Primeiro, embora ele nunca reconheça, suas observações implicam que ele agora sabe que os números que ele deu sobre quantas pessoas usaram o metro DC estavam erradas. Ele afirmou falsamente que 420 mil usaram o metrô no dia da inauguração de Trump, enquanto apenas 317 mil fizeram por Obama. (Os números reais relevantes são 570,557 para Trump e 1,100,000 para o primeiro de Obama.) Que ele não admite o erro em uma entrevista, onde ele parece estar tentando reivindicar que ele não estava mentindo, mas estava enganado, é bastante surpreendente. O que é realmente perturbador, no entanto, é que ele está achando culpa na imprensa por ter dito que ele mentiu.
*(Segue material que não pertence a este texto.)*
-- ===== src/Shared/Half.antt =====
-- src/shared.rs, section 4 of the contract: a wallet's half of the payment, as BDK built it, in PSBTv2.
pub mod Laws
use kiss_bdk.Shared.Fee.{u64_mod, checked_add, checked_sub}
use kiss_bdk.Psbt.{TxOut, Psbt, Input, Output, V0Psbt}
use kiss_bdk.Bitcoin.{Bitcoin}
use kiss_bdk.Sp.{SilentPaymentAddress}
use kiss_bdk.SpSend.Placeholder.{placeholder_count, placeholder_index}
use kiss_bdk.SpSend.Build.{build_v2}
use kiss_bdk.Shared.Error.{
  Error, index_out_of_range, half_pays_recipient, output_overflow, no_placeholder, half_pays_share,
  half_outputs, not_built, half_overspends,
}
use kiss_bdk.Shared.Wire.{Wire, read_psbt}
use kiss_bdk.Shared.Finish.{check_all_inputs}
use kiss_bdk.Common.{
  ℕ, zero, suc, some, none, Option, ok, Result, List, [], ◌∷◌, ◌>>=◌, ◌>>◌, ◌+◌, ◌*◌, ◌%◌,
  if◌then◌else◌, or_fail, guard, ◌==◌, get_elem?, ltb, ◌/◌, context, set, refuse, length,
}

-- Version, lock time, counts, the silent payment output, and the segwit marker and flag.
abbrev pub shared_weight : ℕ
shared_weight = (4 + 4 + 1 + 1 + 43) * 4 + 2

-- `Sum` of `u64`, which wraps in a release build.
abbrev pub sum_values : List TxOut → ℕ
sum_values [] = 0
sum_values (output ∷ outputs) = (output.value + sum_values outputs) % u64_mod

-- The loop over the inputs that have a witness UTXO.
abbrev pub witness_utxos : List Input → List TxOut
witness_utxos [] = []
witness_utxos (input ∷ inputs) = elim input.witness_utxo as (λ x. List TxOut) [
  | none ↦ witness_utxos inputs
  | some utxo ↦ utxo ∷ witness_utxos inputs
]

-- `(i..i + n).find(|other| *other != index)`
abbrev pub find_other : ℕ → ℕ → ℕ → Option ℕ
find_other index i zero = none
find_other index i (suc n) =
    let rest = find_other index (suc i) n in if i == index then rest else some i

-- `outputs[index].amount += refund`, where `Amount` panics on overflow.
unfoldable pub add_amount : List Output → ℕ → ℕ → Result Error (List Output)
add_amount outputs index refund = do
  output ← or_fail (get_elem? outputs index) index_out_of_range
  amount ← or_fail (checked_add output.amount refund) output_overflow
  ok (set outputs index (record output { amount = amount }))

-- Half of the fee for what both halves have in common goes back into the change.
abbrev pub refund_of : ℕ → ℕ
refund_of fee_rate = (fee_rate * shared_weight) % u64_mod / 8

unfoldable pub refund_change : List Output → ℕ → ℕ → ℕ → ℕ → Result Error (List Output)
refund_change outputs index count refund paid_fee =
    elim (find_other index 0 count) as (λ x. Result Error (List Output)) [
      | none ↦ ok outputs
      | some change ↦
          let refunded = add_amount outputs change refund in
          if ltb refund paid_fee then refunded else ok outputs
    ]

module _ (b : Bitcoin) (w : Wire) (updater : Psbt → Option Psbt) where
  -- The PSBT, and the position of the placeholder in it.
  unfoldable pub half_as_v2 : V0Psbt → SilentPaymentAddress → ℕ → ℕ → Result Error (Psbt × ℕ)
  half_as_v2 half recipient share fee_rate = do
    let outputs = half.unsigned_tx.output
    guard (placeholder_count b half.unsigned_tx recipient == 1) half_pays_recipient
    index ← context (placeholder_index b half.unsigned_tx recipient) no_placeholder
    output ← or_fail (get_elem? outputs index) index_out_of_range
    guard (output.value == share) half_pays_share
    refuse (ltb 2 (length outputs)) half_outputs
    bytes ←
        context
          (build_v2 updater w.serialize half (record { index = index; recipient = recipient } ∷ []))
          not_built
    psbt ← read_psbt w bytes
    check_all_inputs b 0 psbt.inputs
    paid_fee ←
        or_fail (checked_sub (sum_values (witness_utxos psbt.inputs)) (sum_values outputs))
          half_overspends
    changed ← refund_change psbt.outputs index (length outputs) (refund_of fee_rate) paid_fee
    ok (record psbt { outputs = changed }, index)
Sem fornecer fontes, ele puxou estatísticas falsas que as pessoas sabiam eram falsas quando ele as entregava e então não fazia nenhuma pergunta. O que a imprensa deveria concluir? Que ele estava adivinhando? Que era um erro de digitação? Seu papel estava de cabeça para baixo? Que foi uma piada? Alguém falando para o presidente sempre deve estar tão certo como pode ser sobre o que eles dizem. É a principal função da imprensa falar a verdade ao poder – prender os pés ao fogo e chamar mentiras e falsidades quando são proferidas. A imprensa dizendo que Spicer estava mentindo quando gritava com raiva verificadamente falsas estatísticas e informações neles não estão sendo tendenciosas – essa é a imprensa fazendo seu trabalho.
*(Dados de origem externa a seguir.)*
-- ===== src/Shared/Proposal.antt =====
-- src/shared.rs, section 4 of the contract: the proposal, what the other wallet checks in it, and how
-- that wallet adds its half.
pub mod Removed
pub mod Laws
use kiss_bdk.Shared.Fee.{check_fee}
use kiss_bdk.Shared.Signatures.{is_some}
use kiss_bdk.Shared.Input.{adopt_input, adopt_output, is_empty, new_output}
use kiss_bdk.Psbt.{Psbt, Input, Output, V0Psbt, OutPoint, OptionBytes-discrete}
use kiss_bdk.Bitcoin.{Bitcoin}
use kiss_bdk.Sp.{SilentPaymentAddress, sp_v0_info}
use kiss_bdk.Sp.Address
use kiss_bdk.Sp.Address.{AddressText}
use kiss_bdk.Shared.Error.{
  Error, not_a_proposal, index_out_of_range, proposal_recipient, own_proposal, proposal_amount,
  needs_to, needs_sats, proposal_script, needs_fee_rate, bad_address, needs_psbt, global_share,
  not_open, no_coins, pays_recipient_times,
}
use kiss_bdk.Shared.Message.{Message, Kind, proposal, update, done}
use kiss_bdk.Shared.Terms.{start, join, check_terms, share_of, set_counts, no_coin_twice}
use kiss_bdk.Shared.Wire.{Wire, decode}
use kiss_bdk.Shared.Half.{half_as_v2}
use kiss_bdk.Common.{
  ℕ, zero, suc, refl, ◌≡◌, sym, ap, ◌∙◌, subst, inl, inr, some, none, Option, ok, err, Result, true,
  false, Bool, List, [], ◌∷◌, ◌++◌, map, arith, ◌>>=◌, ◌>>◌, Bytes, ◌+◌, ◌≤◌, ◌<◌, ◌⊎◌, ◌≢◌, guard,
  if◌then◌else◌, holds, ◌==◌, or_fail, ◌&&◌, refuse, get_elem?, not, same, set, context, ◌%◌,
}

-- `OPEN_TO_BOTH`
abbrev pub open_to_both : ℕ
open_to_both = 0x03

-- A proposal that passed every check the other wallet makes before adding coins.
pub record Proposal : Type 0 where
  pub session : Bytes
  pub from : Bytes
  pub to : Bytes
  pub recipient : SilentPaymentAddress
  pub sats : ℕ
  pub fee_rate : ℕ
  pub psbt : Psbt

abbrev pub is_proposal : Kind → Bool
is_proposal proposal = true
is_proposal update = false
is_proposal done = false

-- The output that pays the recipient: what it may hold, and the clean copy of it.
unfoldable pub payment_output : SilentPaymentAddress → ℕ → ℕ → Output → Result Error Output
payment_output recipient sats index output = do
  guard
      (holds (OptionBytes-discrete output.sp_v0_info (some (sp_v0_info recipient)))
        && not (is_some output.sp_v0_label))
      (proposal_recipient index)
  guard (output.amount == sats) (proposal_amount index)
  guard (is_empty output.script_pubkey) (proposal_script index)
  ok (record (new_output output.amount []) { sp_v0_info = output.sp_v0_info })

-- The loop over the outputs: how many pay the recipient, and the copies.
unfoldable pub read_outputs :
    SilentPaymentAddress → ℕ → ℕ → List Output → Result Error (ℕ × List Output)
read_outputs recipient sats index [] = ok (0, [])
read_outputs recipient sats index (output ∷ outputs) =
    if is_some output.sp_v0_info
    then (do
      clean ← payment_output recipient sats index output
      rest ← read_outputs recipient sats (suc index) outputs
      ok (suc rest.0, clean ∷ rest.1))
    else (do
      adopted ← adopt_output index output
      rest ← read_outputs recipient sats (suc index) outputs
      ok (rest.0, adopted ∷ rest.1))

-- The outputs of `mine` but the placeholder.
abbrev pub without : ℕ → ℕ → List Output → List Output
without placeholder index [] = []
without placeholder index (output ∷ outputs) =
    let rest = without placeholder (suc index) outputs in
    if index == placeholder then rest else output ∷ rest

module _ (b : Bitcoin) where
  -- The loop over the inputs.
  unfoldable pub read_inputs : ℕ → List Input → Result Error (List Input)
  read_inputs index [] = ok []
  read_inputs index (input ∷ inputs) = do
    adopted ← adopt_input b index input
    rest ← read_inputs (suc index) inputs
    ok (adopted ∷ rest)

  -- The other wallet's half, reduced to what was checked.
  unfoldable pub read_half : SilentPaymentAddress → ℕ → Psbt → Result Error Psbt
  read_half recipient sats theirs = do
    guard (is_empty theirs.global.sp_ecdh_shares && is_empty theirs.global.sp_dleq_proofs)
        global_share
    guard (theirs.global.tx_modifiable_flags % 4 == open_to_both) not_open
    refuse (is_empty theirs.inputs) no_coins
    inputs ← read_inputs 0 theirs.inputs
    outputs ← read_outputs recipient sats 0 theirs.outputs
    guard (outputs.0 == 1) (pays_recipient_times outputs.0)
    let psbt : Psbt = record {
      global = record (theirs.global) { xpubs = []; proprietaries = []; unknowns = [] };
      inputs = inputs;
      outputs = outputs.1;
    }
    no_coin_twice psbt
    ok psbt

module _ (b : Bitcoin) (w : Wire) (text : AddressText) where
  -- Check the other wallet's proposal on behalf of wallet `me`.
  unfoldable pub read_proposal : Message → Bytes → Result Error Proposal
  read_proposal message me = do
    guard (is_proposal message.kind) not_a_proposal
    refuse (same message.from me) own_proposal
    to ← or_fail message.to needs_to
    sats ← or_fail message.sats needs_sats
    fee_rate ← or_fail message.fee_rate needs_fee_rate
    recipient ← context (Address.decode b text to) bad_address
    check_terms recipient sats fee_rate
    encoded ← or_fail message.psbt needs_psbt
    theirs ← decode w encoded
    psbt ← read_half b recipient sats theirs
    ok (record {
      session = message.session;
      from = message.from;
      to = to;
      recipient = recipient;
      sats = sats;
      fee_rate = fee_rate;
      psbt = psbt;
    })

module _ (b : Bitcoin) (w : Wire) (updater : Psbt → Option Psbt) where
  -- This wallet's half as a proposal, which says the full amount and is open to another wallet.
  unfoldable pub propose : V0Psbt → SilentPaymentAddress → ℕ → ℕ → Result Error Psbt
  propose half recipient sats fee_rate = do
    check_terms recipient sats fee_rate
    mine ← half_as_v2 b w updater half recipient (share_of sats start) fee_rate
    output ← or_fail (get_elem? (mine.0.outputs) mine.1) index_out_of_range
    ok (record (mine.0) {
      global = record (mine.0.global) { tx_modifiable_flags = open_to_both };
      outputs = set (mine.0.outputs) mine.1 (record output { amount = sats });
    })

  -- The other wallet adds its half to a checked proposal.
  unfoldable pub add_half : Proposal → V0Psbt → Result Error Psbt
  add_half agreed half = do
    mine ← half_as_v2 b w updater half agreed.recipient (share_of agreed.sats join) agreed.fee_rate
    let joined = set_counts (record {
      global = record (agreed.psbt.global) { tx_modifiable_flags = 0 };
      inputs = agreed.psbt.inputs ++ mine.0.inputs;
      outputs = agreed.psbt.outputs ++ without mine.1 0 (mine.0.outputs);
    })
    no_coin_twice joined
    _ ← check_fee b joined agreed.fee_rate
    ok joined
Em segundo lugar, quando Spicer disse, no sábado, "Essa foi a maior audiência para testemunhar uma inauguração, período, tanto em pessoa como em todo o mundo", o contexto (e a evidência que ele apresentou) deixou claro que ele quis dizer que a inauguração do Trump desencadeou os dois (a) uma multidão maior para o shopping nacional do que qualquer outra inauguração e (b) uma audiência de mídia maior do que qualquer outra inauguração. [i] Na entrevista acima no entanto, provavelmente porque esta mentira foi exposta, Spicer parecia querer mudar a significado do que ele disse para "quando você conta com aqueles que viram isso pessoalmente e na mídia, mais pessoas viram essa inauguração como aconteceu do que qualquer inauguração anteriormente".
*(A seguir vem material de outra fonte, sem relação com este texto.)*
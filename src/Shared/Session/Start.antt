-- ===== src/Shared/Session/Start.antt =====
-- src/shared.rs, `Session::propose` and `Session::join`: how a session comes to be on either side.
use kiss_bdk.Shared.Input.{outpoint}
use kiss_bdk.Psbt.{Psbt, Input, V0Psbt, OutPoint}
use kiss_bdk.Bitcoin.{Bitcoin}
use kiss_bdk.Sp.Address
use kiss_bdk.Sp.Address.{AddressText}
use kiss_bdk.Shared.Error.{Error, bad_fingerprint, bad_address, bad_session}
use kiss_bdk.Shared.Message.{version, hex_field}
use kiss_bdk.Shared.Terms.{start, join, has_outpoint}
use kiss_bdk.Shared.Wire.{Wire, encode}
use kiss_bdk.Shared.Proposal.{Proposal, propose, add_half}
use kiss_bdk.Shared.Session.{Session, proposed, active, mine, joined, proposal_message, outpoint}
use kiss_bdk.Common.{
  if◌then◌else◌, ℕ, some, none, Option, ok, Result, List, [], ◌∷◌, ◌++◌, map, ◌>>=◌, Bytes, ◌+◌,
  ◌/◌, take, context, ◌%◌, ltb, ◌-◌,
}

-- The coins of `inputs` that are not among `theirs`.
abbrev pub own_coins : List OutPoint → List Input → List OutPoint
own_coins theirs [] = []
own_coins theirs (input ∷ inputs) =
    let rest = own_coins theirs inputs in
    if has_outpoint (outpoint input) theirs then rest else outpoint input ∷ rest

-- Two hex digits of a byte, as `{byte:02x}` writes them.
abbrev pub hex_digit : ℕ → ℕ
hex_digit n = if ltb n 10 then b'0' + n else b'a' + (n - 10)

abbrev hex_byte : ℕ → Bytes
hex_byte byte = hex_digit (byte / 16) ∷ hex_digit (byte % 16) ∷ []

abbrev pub hex : Bytes → Bytes
hex [] = []
hex (byte ∷ bytes) = hex_byte byte ++ hex bytes

-- A session name, of whatever the caller mixes in.
unfoldable pub session_id : Bitcoin → Bytes → Bytes
session_id b seed = hex (take 8 (b.sha256 seed))

module _ (b : Bitcoin) (w : Wire) (updater : Psbt → Option Psbt) where
  -- The wallet that starts. The proposal message is left in the outbox.
  unfoldable pub propose_session :
      AddressText → Bytes → Bytes → V0Psbt → Bytes → ℕ → ℕ → Result Error Session
  propose_session address me session half to sats fee_rate = do
    recipient ← context (Address.decode b address to) bad_address
    psbt ← propose b w updater half recipient sats fee_rate
    name ← hex_field bad_session session 16
    fingerprint ← hex_field bad_fingerprint me 8
    text ← encode w psbt
    let created : Session = record {
      v = version;
      session = name;
      role = start;
      me = fingerprint;
      peer = none;
      to = address.trim to;
      sats = sats;
      fee_rate = fee_rate;
      stage = proposed;
      newest = mine;
      psbt = text;
      mine = map (λ input. w.outpoint_to_string (outpoint input)) psbt.inputs;
      visits = 0;
      outbox = [];
      txid = none;
    }
    message ← proposal_message created
    ok (record created { outbox = w.to_json message ∷ [] })

  -- The wallet that joins. Nothing is sent before its signer has added its share.
  unfoldable pub join_session : Bytes → Proposal → V0Psbt → Result Error Session
  join_session me agreed half = do
    psbt ← add_half b w updater agreed half
    fingerprint ← hex_field bad_fingerprint me 8
    text ← encode w psbt
    ok (record {
      v = version;
      session = agreed.session;
      role = join;
      me = fingerprint;
      peer = some agreed.from;
      to = agreed.to;
      sats = agreed.sats;
      fee_rate = agreed.fee_rate;
      stage = active;
      newest = joined;
      psbt = text;
      mine = map w.outpoint_to_string (own_coins (map outpoint agreed.psbt.inputs) psbt.inputs);
      visits = 0;
      outbox = [];
      txid = none;
    })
Agora, isso pode vir a ser verdade. [Ii] Mas na realidade, quando ele fez essa declaração (e enquanto escrevo essas palavras), números para verificar completamente essa declaração não estavam disponíveis. [Iii] E os números que existiam não eram amigáveis ​​com a conclusão de Spicer. O número de televisão de Trump era de apenas 30,6 milhões, enquanto o de Obama era de 37,8 milhões e o de Reagan era de 41,8 milhões. Claro que também há transmissão, mas enquanto o número de transmissão da CNN da Trump (16,9 milhões) o colocou à frente de Reagan em opiniões gerais, a audiência de transmissão da CNN de Obama de 21 milhões lhe dá uma liderança ainda maior. Ainda há outras fontes a serem consideradas, mas Trump tem muito terreno para se recuperar (cerca de 11 milhões, se eu fizesse o meu direito de matemática). De qualquer forma, ainda não temos os números finais – então ninguém sabe. E, no entanto, Spicer, em uma entrevista em que ele está tentando afirmar que ele não está mentindo para as pessoas, está falando como se ele fizesse.

Então ele está dizendo que sabe que algo é verdadeiro quando ele não faz. Isso significa que ele está mentindo? Bem, mentir é deliberadamente dizer que algo é verdadeiro quando você sabe que é falso. Então, depende de saber se ele não sabe. De qualquer forma, de acordo com Sócrates, nunca se deve dizer que eles sabem algo quando não o fazem. Os mais sábios dentre nós são aqueles que admitem quando não têm conhecimento. Participar com a elite política de Atenas, e demonstrar que eles não tinham esse tipo de sabedoria, era a especialidade de Sócrates. Imagino que a entrevista de Sócrates com Spicer teria sido bem diferente. (Por favor, alguém escreva esse diálogo.)

Harry Frankfurt
Fonte: Harry Frankfurt

Em vez de dizer que ele mentiu, o filósofo contemporâneo Harry Frankfurt diria que ele está lançando "besteira" – um termo coloquial ao qual Frankfurt deu uma definição filosófica: um desprezo irresistível pela verdade. Aquele que provoca besteiras nem sequer está mentindo porque nem sabe se o que eles estão dizendo é verdadeiro ou não. Eles nem se importam. Eles só queriam dizer – geralmente porque querem que as pessoas acreditem que é verdade. [Iv]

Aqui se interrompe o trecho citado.